### What this task involves
Go over the material below and report every line that contains the word "absent".

### Available data
-- ===== src/Base/Dict.antt =====
-- `std::map`, `boost::unordered_map` and `boost::unordered_set` as association lists: `find`,
-- `insert`, which leaves a key that is there, and `erase` by a key.
use kiteq_client_cpp.Base.{
  ℕ, suc, ◌≡◌, refl, ap, ◌↔◌, inl, inr, Bool, true, false, ◌&&◌, List, [], ◌∷◌, Option, none, some,
  length, ◌==◌, ==_iff, arith, Bool-cases, if◌then◌else◌,
}

pub record Eq {ℓ} (K : Type ℓ) : Type ℓ where
  pub beq : K → K → Bool
  pub beq_iff : (a b : K) → (beq a b ≡ true) ↔ (a ≡ b)

instance abbrev pub nat_eq : Eq ℕ
nat_eq = record { beq = ◌==◌; beq_iff = ==_iff }

-- Strings are lists of bytes.
abbrev pub bytes_beq : List ℕ → List ℕ → Bool
bytes_beq [] [] = true
bytes_beq [] (b ∷ bs) = false
bytes_beq (a ∷ as') [] = false
bytes_beq (a ∷ as') (b ∷ bs) = a == b && bytes_beq as' bs

pub bytes_beq_iff : (a b : List ℕ) → (bytes_beq a b ≡ true) ↔ (a ≡ b)
bytes_beq_iff [] [] = (λ e. refl, λ e. refl)
bytes_beq_iff [] (b ∷ bs) = (λ e. cc, λ e. cc)
bytes_beq_iff (a ∷ as') [] = (λ e. cc, λ e. cc)
bytes_beq_iff (a ∷ as') (b ∷ bs) = ground (arith, bytes_beq_iff as' bs)

instance abbrev pub bytes_eq : Eq (List ℕ)
bytes_eq = record { beq = bytes_beq; beq_iff = bytes_beq_iff }

module _ {ℓ κ} {K : Type ℓ} {V : Type κ} ⦃e : Eq K⦄ where
  abbrev pub find : K → List (K × V) → Option V
  find k [] = none
  find k ((j, v) ∷ m) = if e.beq j k then some v else find k m

  abbrev pub insert : K → V → List (K × V) → List (K × V)
  insert k v m = elim (find k m) [ some _ ↦ m | none ↦ (k, v) ∷ m ]

  abbrev pub erase : K → List (K × V) → List (K × V)
  erase k [] = []
  erase k ((j, v) ∷ m) = if e.beq j k then erase k m else (j, v) ∷ erase k m

  -- Every key stands once.
  abbrev pub IsMap : List (K × V) → Type κ
  IsMap [] = Unit
  IsMap ((k, v) ∷ m) = (find k m ≡ none) × IsMap m

  pub find-insert :
      (k j : K) (v : V) (m : List (K × V))
      → find j (insert k v m)
        ≡ elim (find j m) [ some w ↦ some w | none ↦ if e.beq k j then some v else none ]
  find-insert k j v m = ground (arith, e.beq_iff k j)

  pub find-erase :
      (k j : K) (m : List (K × V)) → find j (erase k m) ≡ (if e.beq k j then none else find j m)
  find-erase k j [] = ground arith
  find-erase k j ((i, v) ∷ m) =
      ground (arith, e.beq_iff k j, e.beq_iff i k, e.beq_iff i j, find-erase k j m)

  pub insert-IsMap : (k : K) (v : V) (m : List (K × V)) → IsMap m → IsMap (insert k v m)
  insert-IsMap k v m h = ground arith

  pub erase-IsMap : (k : K) (m : List (K × V)) → IsMap m → IsMap (erase k m)
  erase-IsMap k [] h = tt
  erase-IsMap k ((j, v) ∷ m) h = ground (arith, erase-IsMap k m, find-erase k j m)

  pub erase-absent : (k : K) (m : List (K × V)) → find k m ≡ none → erase k m ≡ m
  erase-absent k [] h = refl
  erase-absent k ((j, v) ∷ m) h = ground (arith, erase-absent k m)

  pub length-erase :
      (k : K) (m : List (K × V)) (v : V)
      → IsMap m
      → find k m ≡ some v
      → suc (length (erase k m)) ≡ length m
  length-erase k [] v h found = cc
  length-erase k ((j, w) ∷ m) v h found = elim (Bool-cases (e.beq j k)) [
    | inl hit ↦
        let absent : find k m ≡ none = rw (← (e.beq_iff j k).0 hit) h.0 in
        rw hit (ap suc (ap length (erase-absent k m absent)))
    | inr miss ↦ rw miss (ap suc (length-erase k m v h.1 (rw miss at found)))
  ]
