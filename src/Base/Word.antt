-- ===== src/Base/Word.antt =====
-- The fixed-width integers of C++ on an LP64 machine, each as its bit pattern: a `char` below
-- 2 ^ 8, an `int` below 2 ^ 32, a `long` below 2 ^ 64. `char` is signed.
use kiteq_client_cpp.Base.{
  ℕ, ◌+◌, ◌-◌, ◌*◌, ◌%◌, ◌^◌, ◌<◌, ◌≡◌, Bool, bit_and, arith, ltb, leb, if◌then◌else◌,
}
use kiteq_client_cpp.Base.Bits.{bit_and_mask}

-- The conversion of a `char` to `int` or `unsigned int`: the sign bit is copied up.
abbrev pub char_to_int : ℕ → ℕ
char_to_int c = if ltb c 128 then c else c + (2 ^ 32 - 256)

-- `x << k` in 32 bits, for k below 32.
abbrev pub shl32 : ℕ → ℕ → ℕ
shl32 x k = x * 2 ^ k % 2 ^ 32

-- `x & 0xFF`.
abbrev pub low_byte : ℕ → ℕ
low_byte x = bit_and x 255

-- The sign bit.
abbrev pub is_negative32 : ℕ → Bool
is_negative32 x = leb (2 ^ 31) x

-- `a < b` as signed integers.
abbrev pub slt32 : ℕ → ℕ → Bool
slt32 a b = ltb ((a + 2 ^ 31) % 2 ^ 32) ((b + 2 ^ 31) % 2 ^ 32)

abbrev pub slt64 : ℕ → ℕ → Bool
slt64 a b = ltb ((a + 2 ^ 63) % 2 ^ 64) ((b + 2 ^ 63) % 2 ^ 64)

abbrev pub add32 : ℕ → ℕ → ℕ
add32 a b = (a + b) % 2 ^ 32

abbrev pub sub32 : ℕ → ℕ → ℕ
sub32 a b = (a + 2 ^ 32 - b) % 2 ^ 32

abbrev pub add64 : ℕ → ℕ → ℕ
add64 a b = (a + b) % 2 ^ 64

-- An `int` converted to `size_t`.
abbrev pub int_to_size : ℕ → ℕ
int_to_size x = if leb (2 ^ 31) x then x + (2 ^ 64 - 2 ^ 32) else x

pub low_byte-mod : (x : ℕ) → low_byte x ≡ x % 256
low_byte-mod x = bit_and_mask 8 x

-- Masking undoes the sign extension.
pub low_byte-char : (c : ℕ) → c < 256 → low_byte (char_to_int c) ≡ c
low_byte-char c h = ground (arith, low_byte-mod (char_to_int c))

### Answer box
  pub erase-absent : (k : K) (m : List (K × V)) → find k m ≡ none → erase k m ≡ m
  erase-absent k [] h = refl
  erase-absent k ((j, v) ∷ m) h = ground (arith, erase-absent k m)
        let absent : find k m ≡ none = rw (← (e.beq_iff j k).0 hit) h.0 in
        rw hit (ap suc (ap length (erase-absent k m absent)))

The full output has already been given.